One particularly poignant story was told by Matt
Harrison, the son of an Army family who recalled his parents moved every year
or two because both were in
the service; he more or less eagerly joined to do his duty to his country,
while his brother Bob — whom the family nicknamed “Robin” — turned against the
war, though he had a funny way of showing it: he defied the family’s tradition
by joining the Marines, then went AWOL, then Matt bailed him out by signing up
for a second tour in Viet Nam (during which he was shocked at the general
breakdown in discipline compared to what it had been his first time “in
country”) because he’d learned there was a regulation in the U.S. military that
two brothers couldn’t be in active duty in combat in the same time.

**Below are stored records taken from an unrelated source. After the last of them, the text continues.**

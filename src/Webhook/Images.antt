-- ===== src/Webhook/Images.antt =====
-- pkg/webhook/pod-image-overrides.go and rook-priority.go: what the patches do, and whose answer it is.
use mathlib.Core.Path.{subst}
use ekco.Prelude.{
  ℕ, zero, suc, ◌+◌, String, ◌≡◌, refl, sym, ap, ◌∙◌, false, Option, none, some, List, [], ◌∷◌,
  ◌++◌, map, arith, ◌==◌, eq_iff, length, lookup,
}
use ekco.Webhook.{
  AdmissionRequest, AdmissionResponse, PodImages, review_of, override_pod_images, image_patches,
  rook_priority, replied,
}

-- The image that a container runs after the overrides.
abbrev pub overridden : List (String × String) → String → String
overridden overrides image = elim (lookup image overrides) [ none ↦ image | some new ↦ new ]

-- A JSON patch that replaces the image of one container.
abbrev pub set_at : ℕ → String → List String → List String
set_at i new [] = []
set_at zero new (image ∷ images) = new ∷ images
set_at (suc i) new (image ∷ images) = image ∷ set_at i new images

abbrev pub apply_patches : List (ℕ × String) → List String → List String
apply_patches [] images = images
apply_patches ((i, new) ∷ patches) images = apply_patches patches (set_at i new images)

set_at-append :
    (before : List String) (new image : String) (images : List String)
    → set_at (length before) new (before ++ image ∷ images) ≡ before ++ new ∷ images
set_at-append [] new image images = refl
set_at-append (b ∷ before) new image images =
    ap (λ l. b ∷ l) (set_at-append before new image images)

append_one :
    (before : List String) (image : String) (images : List String)
    → (before ++ image ∷ []) ++ images ≡ before ++ image ∷ images
append_one [] image images = refl
append_one (b ∷ before) image images = ap (λ l. b ∷ l) (append_one before image images)

length-append_one :
    (before : List String) (image : String) → length (before ++ image ∷ []) ≡ length before + 1
length-append_one [] image = omega arith
length-append_one (b ∷ before) image = omega (arith, length-append_one before image)

module _ (overrides : List (String × String)) where
  one_image :
      (before : List String) (image : String) (images : List String) (i : ℕ)
      → i ≡ length before
      → ((new : String)
          → apply_patches (image_patches overrides (i + 1) images) (before ++ new ∷ images)
            ≡ before ++ new ∷ map (overridden overrides) images)
      → (o : Option String)
      → apply_patches
          (elim o [
            | none ↦ image_patches overrides (i + 1) images
            | some new ↦ (i, new) ∷ image_patches overrides (i + 1) images
          ])
          (before ++ image ∷ images)
        ≡ before ++ (elim o [ none ↦ image | some new ↦ new ]) ∷ map (overridden overrides) images
  one_image before image images i same next none = next image
  one_image before image images i same next (some new) =
      ap (apply_patches (image_patches overrides (i + 1) images)) (
        ap (λ k. set_at k new (before ++ image ∷ images)) same
        ∙ set_at-append before new image images)
      ∙ next new

  after_prefix :
      (before images : List String) (i : ℕ)
      → i ≡ length before
      → apply_patches (image_patches overrides i images) (before ++ images)
        ≡ before ++ map (overridden overrides) images
  unfolding image_patches
  after_prefix before [] i same = refl
  after_prefix before (image ∷ images) i same =
      one_image before image images i same
        (λ new.
          subst
            (λ l.
              apply_patches (image_patches overrides (i + 1) images) l
              ≡ before ++ new ∷ map (overridden overrides) images)
            (append_one before new images)
            (after_prefix (before ++ new ∷ []) images (i + 1)
                (ap (λ n. n + 1) same ∙ sym (length-append_one before new))
              ∙ append_one before new (map (overridden overrides) images)))
        (lookup image overrides)

  -- Applied in their order to the images of a list of containers, the patches of the list replace every
  -- image that has an override, and leave the others.
  pub image_patches-apply :
      (images : List String)
      → apply_patches (image_patches overrides 0 images) images ≡ map (overridden overrides) images
  image_patches-apply images = after_prefix [] images 0 refl

-- To a request that has a UID, the handler of the priority class answers with another one, so the answer is
-- not taken for the request; the handler of the images answers, where it answers, with the UID of the
-- request.
pub rook_priority-uid :
    (priority_class : String) (r : AdmissionRequest) (response : AdmissionResponse)
    → (r.uid == "") ≡ false
    → rook_priority priority_class (review_of r) ≡ replied response
    → ((response.uid == r.uid) ≡ false)
      × ((format_int : ℕ → String) (decode_pod : String → Option PodImages)
            (overrides : List (String × String)) (other : AdmissionResponse)
          → override_pod_images format_int decode_pod overrides (review_of r) ≡ replied other
          → other.uid ≡ r.uid)
unfolding rook_priority override_pod_images
rook_priority-uid priority_class r response has answered = (
  ground (arith, eq_iff r.uid "", eq_iff response.uid r.uid),
  λ format_int decode_pod overrides other worked. ground arith,
)
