-- ===== src/Tests/Rotation.antt =====
-- The renewal of certificates, the tasks on the nodes and the webhooks at concrete values.
use ekco.Prelude.{
  ℕ, ◌≤◌, String, ◌≡◌, refl, ◌⊎◌, true, false, Option, none, some, List, [], ◌∷◌, map, arith, ◌==◌,
}
use ekco.Errors.{Error, ok, err}
use ekco.Kube.{ConfigMap, Certificate, rsa_key, Call, Trace, Env}
use ekco.Cluster.RegistryCert.{cert_to_config, generate_new_cert_and_key, new_signed_cert}
use ekco.Cluster.RegistryCert.Renewal.{renewal, Made, renewal-calls}
use mathlib.Core.List.Permᴰ.{swap}
use ekco.Cluster.InternalLb.{
  noted, next_internal_lb, first_map, update_internal_lb_value, reconcile_internal_lb,
}
use ekco.Cluster.InternalLb.AnyOrder.{reconcile_internal_lb-settled}
use ekco.Cluster.Tasks.{rotate_on}
use ekco.Cluster.Tasks.Polls.{task_pods, first_pods, rotation_pods, StoppedAt, rotate_on-pods}
use ekco.Rotate.{CertNames, RestartFlags, no_restarts, rotate_each, rotate_certs}
use ekco.Rotate.Restarts.{renewals, Marked, DistinctNames, rotate_each-marks}
use ekco.Rotate.External.{rotate_certs-external}
use ekco.Webhook.{
  AdmissionRequest, AdmissionResponse, PodImages, override_pod_images, review_of, replied,
  image_patches, rook_priority, priority_patch,
}
use ekco.Webhook.Images.{overridden, apply_patches, image_patches-apply, rook_priority-uid}
use ekco.Tests.Env.{nothing, env_with, tools_pod, master, dead_worker}
use ekco.Tests.Settings.{no_services}

abbrev env : Env
env = env_with none (record nothing {
  nodes = ok (master ∷ dead_worker ∷ []);
  pod = ok (record tools_pod {
    status = record {
      phase = "Succeeded";
      pod_ip = "";
      host_ip = "";
      container_statuses = [];
      conditions = [];
    };
  });
})

abbrev registry_cert : Certificate
registry_cert = record {
  common_name = "registry";
  issuer_common_name = "kubernetes";
  organization = [];
  dns_names = "registry.kurl.svc" ∷ [];
  ip_addresses = "10.96.0.2" ∷ [];
  ext_key_usage = 1 ∷ [];
  not_after = 2000;
  public_key = rsa_key 256;
}

abbrev renewed_trace : Trace
renewed_trace = (renewal registry_cert env []).1

renewal_works : renewal registry_cert env [] ≡ (ok ("certificate", "key"), renewed_trace)
unfolding cert_to_config generate_new_cert_and_key new_signed_cert
renewal_works = refl

renewal-calls_example : Made registry_cert env [] renewed_trace ("certificate", "key") renewal_works
renewal-calls_example =
    renewal-calls registry_cert env [] renewed_trace ("certificate", "key") renewal_works

rotate_on-pods_example :
    let run = rotate_on no_services.controller (master ∷ []) env [] in
    (run.0 ≡ ok tt)
      × (task_pods run.1 ≡ first_pods 1 (rotation_pods no_services.controller env (master ∷ [])) [])
    ⊎ ((e : Error) × (run.0 ≡ err e)
        × StoppedAt no_services.controller env (master ∷ []) [] e run.1)
rotate_on-pods_example = rotate_on-pods no_services.controller env (master ∷ []) []

abbrev names : CertNames
names = record {
  controller_manager_conf = "controller-manager.conf";
  scheduler_conf = "scheduler.conf";
  apiserver_etcd_client = "apiserver-etcd-client";
  apiserver_kubelet_client = "apiserver-kubelet-client";
  front_proxy_client = "front-proxy-client";
}

abbrev scheduler_only : RestartFlags
scheduler_only = record no_restarts { scheduler = true }

abbrev one_renewed : Trace
one_renewed = (rotate_each names 3600 no_restarts ("scheduler.conf" ∷ []) env []).1

one_works :
    rotate_each names 3600 no_restarts ("scheduler.conf" ∷ []) env []
    ≡ (ok (some scheduler_only), one_renewed)
unfolding rotate_each
one_works = refl

distinct : DistinctNames names
distinct = (refl, refl, refl, refl, refl, refl, refl)

rotate_each-marks_example : Marked names scheduler_only (renewals env one_renewed)
rotate_each-marks_example =
    rotate_each-marks names 3600 env distinct ("scheduler.conf" ∷ []) scheduler_only [] one_renewed
      refl one_works

abbrev reached : Trace
reached =
    (rotate_each names 3600 no_restarts ("scheduler.conf" ∷ []) env
      (Call.renewal_certificates ∷ [])).1

scheduler_renewed :
    rotate_each names 3600 no_restarts ("scheduler.conf" ∷ []) env (Call.renewal_certificates ∷ [])
    ≡ (ok (some scheduler_only), reached)
unfolding rotate_each
scheduler_renewed = refl

soon : 10 ≤ 3600
soon = omega arith

-- The scheduler's certificate was renewed, and the scheduler is not restarted.
rotate_certs-external_example : rotate_certs names 3600 env [] ≡ (
  ok tt,
  Call.renew_using_local_ca "external"
      ∷ Call.residual_time "external"
      ∷ Call.certificate_exists "external"
      ∷ reached,
)
rotate_certs-external_example =
    rotate_certs-external names 3600 env ("scheduler.conf" ∷ []) [] "external" 10 scheduler_only []
      reached refl scheduler_renewed refl refl soon refl

abbrev overrides : List (String × String)
overrides = ("nginx:1", "mirror/nginx:1") ∷ []

image_patches-apply_example :
    apply_patches
      (image_patches overrides 0 ("redis:7" ∷ "nginx:1" ∷ []))
      ("redis:7" ∷ "nginx:1" ∷ [])
    ≡ map (overridden overrides) ("redis:7" ∷ "nginx:1" ∷ [])
image_patches-apply_example = image_patches-apply overrides ("redis:7" ∷ "nginx:1" ∷ [])

abbrev request : AdmissionRequest
request = record {
  uid = "705ab4f5";
  group = "apps";
  resource = "deployments";
  namespace = "rook-ceph";
  object = "";
}

abbrev response : AdmissionResponse
response = record {
  uid = "";
  allowed = true;
  patch = some (priority_patch "node-critical");
  message = none;
}

answered : rook_priority "node-critical" (review_of request) ≡ replied response
unfolding rook_priority
answered = refl

rook_priority-uid_example :
    ((response.uid == request.uid) ≡ false)
    × ((format_int : ℕ → String) (decode_pod : String → Option PodImages)
          (overrides : List (String × String)) (other : AdmissionResponse)
        → override_pod_images format_int decode_pod overrides (review_of request) ≡ replied other
        → other.uid ≡ request.uid)
rook_priority-uid_example = rook_priority-uid "node-critical" request response refl answered

abbrev recorded : ConfigMap
recorded = noted (next_internal_lb (master ∷ dead_worker ∷ [])) first_map

reconcile_internal_lb-settled_example :
    reconcile_internal_lb no_services.controller
      (dead_worker ∷ master ∷ [])
      (env_with none (record nothing { config_map = ok recorded }))
      []
    ≡ (ok tt, Call.get_config_map "kurl" update_internal_lb_value ∷ [])
reconcile_internal_lb-settled_example =
    reconcile_internal_lb-settled no_services.controller (master ∷ dead_worker ∷ [])
      (dead_worker ∷ master ∷ []) first_map
      (env_with none (record nothing { config_map = ok recorded })) [] (swap refl refl) refl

Assured
that he wouldn’t have to serve in actual combat, Bob returned to his Marine
unit — only he went AWOL again, and when his unit was doing some training in
Washington state he took advantage of the border’s proximity and fled to
Vancouver. A decade later, after the war, the family learned that Bob had
fallen into drug use and died of an overdose, ironically enough, in Hong Kong
— not that far from Viet Nam. (I’m using the word “ironically” a lot in
this post because it seems more than any other to sum up the weird
contradictions and convolutions of the Viet Nam story.) Overall, the Ken
Burns-Lynn Novick-Geoffrey C. Ward film The Viet Nam War has been an excellent history, avoiding the
obvious traps of either glorifying the war or damning it — given its auspices
(not only the PBS umbrella but also the huge amount of sponsorship from
corporations like Bank of America and wealthy individuals like David H. Koch —
the presence of one of the two hated Koch brothers, whose name has become this
generation of progressives’ personification of the ruling class the way
“Rockefeller” and “Morgan” were to previous generations, might have led one to
expect, or dread, a Right-wing justification of the war, but fortunately that
didn’t happen) it could easily have turned into an “official” history instead
of a thought-provoking and relatively even-handed look at an event in American
history that is still a
touchstone of controversy.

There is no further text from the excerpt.